La bibliothèque libre.
Imp. Nouvelle (assoc. ouvrière), 11, rue Cadet. (p. 47-53).

IX

La maison de la rue de Penthièvre.

Ce soir-là, Marie Pigeonnier rentra dans une chambrette où elle campait en attendant un asile digne d’elle.

Pendant une grande partie de la nuit elle rêva éveillée à la proposition du juif.

Elle répondait à toutes les objections qui se présentaient à son esprit.

Son grand désir était de se convaincre que cette proposition n’avait rien de suspect, et plus elle l’étudiait, plus elle la jugeait acceptable à tous les points de vue.

Marie Pigeonnier avait avalé bien d’autres couleuvres ; elle ne s’en portait pas plus mal.

Il ne lui restait plus rien à jeter pardessus les moulins ; pourquoi répugnerait-elle à y jeter les bonnets des autres ?

Allons, pas de sotte pudeur, ma fille ; lève-toi et cours chez le juif, qui est un brave homme, en somme, car il te met la fortune entre les mains de la façon la plus délicate.
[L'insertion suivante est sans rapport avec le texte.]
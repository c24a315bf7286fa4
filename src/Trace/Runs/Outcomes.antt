-- ===== src/Trace/Runs/Outcomes.antt =====
-- The outcomes of `transition_run` on runs (trace/src/orxtra/trace/_memory_backend.py).
use orxtra.Prelude.{◌≡◌, refl, Option, none, some, String, nat_eq, Result, ok, err, Error}
use orxtra.Prelude.Dict.{get}
use orxtra.Trace.Transitions.{RunStatus, validate_run_transition}
use orxtra.Trace.Rows.{Uuid, Time, Run}
use orxtra.Trace.Store.{Store}
use orxtra.Trace.Runs.{transition_run, apply_transition}

module _ (fresh : Uuid) (finished now : Time) (r : Uuid) (new : RunStatus) (reason : Option String)
    (principal : Uuid) (s : Store) where
  pub data Outcome : Type 0 where
    raised :
        (e : Error)
        → transition_run fresh finished now r new reason principal s ≡ (err e, s)
        → Outcome
    moved :
        (run : Run)
        → get s.runs r ≡ some run
        → validate_run_transition run.status new ≡ ok tt
        → transition_run fresh finished now r new reason principal s
          ≡ apply_transition fresh finished now run r new reason principal (ok tt) s
        → Outcome

  pub outcome : Outcome
  unfolding transition_run
  outcome = look (get s.runs r) refl
    where
      judge :
          (run : Run) (v : Result (Unit {0}))
          → get s.runs r ≡ some run
          → validate_run_transition run.status new ≡ v
          → Outcome
      judge run (ok _) found valid = moved run found valid (rw (found, transition_run) (rw valid))
      judge run (err e) found invalid = raised e (rw (found, transition_run) (rw invalid))

      look : (o : Option Run) → get s.runs r ≡ o → Outcome
      look none absent = raised Error.value_error (rw (absent, transition_run))
      look (some run) found = judge run (validate_run_transition run.status new) found refl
C’est sous cette favorable impression que Marie se rendit chez le juif.

Quand elle arriva, il allait se mettre à table.

Il pria la visiteuse de vouloir bien partager avec lui son modeste déjeuner.

Elle prit place en face de lui.

— Avez-vous réfléchi, dit le juif ?

— J’accepte, répondit sans hésitation l’ex-repentie.

— Parfait. À votre santé.

— Merci.

— Buvons à notre association.

— Avec plaisir.

— En prenant le café, je vous donnerai lecture du petit acte que j’ai préparé et nous le signerons séance tenante. Ne craignez rien, cela n’a d’autre but que de nous sauvegarder, vous et moi, vis-à-vis des tiers ; et puis, tout le monde est mortel.

— Évidemment.

— Ainsi j’ai arrangé cela sous forme de location ; d’après des chiffres de ma première opération de ce genre, et différents renseignements sur d’autres identiques, j’ai pu évaluer les recettes à quinze, dix-huit et même vingt mille francs par mois, suivant les saisons ; les frais généraux déduits, il resterait un produit net minimum de douze mille francs par mois ; quand ce chiffre sera dépassé, vous prendrez les trois quarts du surplus pour vous. Maintenant je porte la location à six mille francs par mois, ce n’est pas trop ; qu’en dites-vous ?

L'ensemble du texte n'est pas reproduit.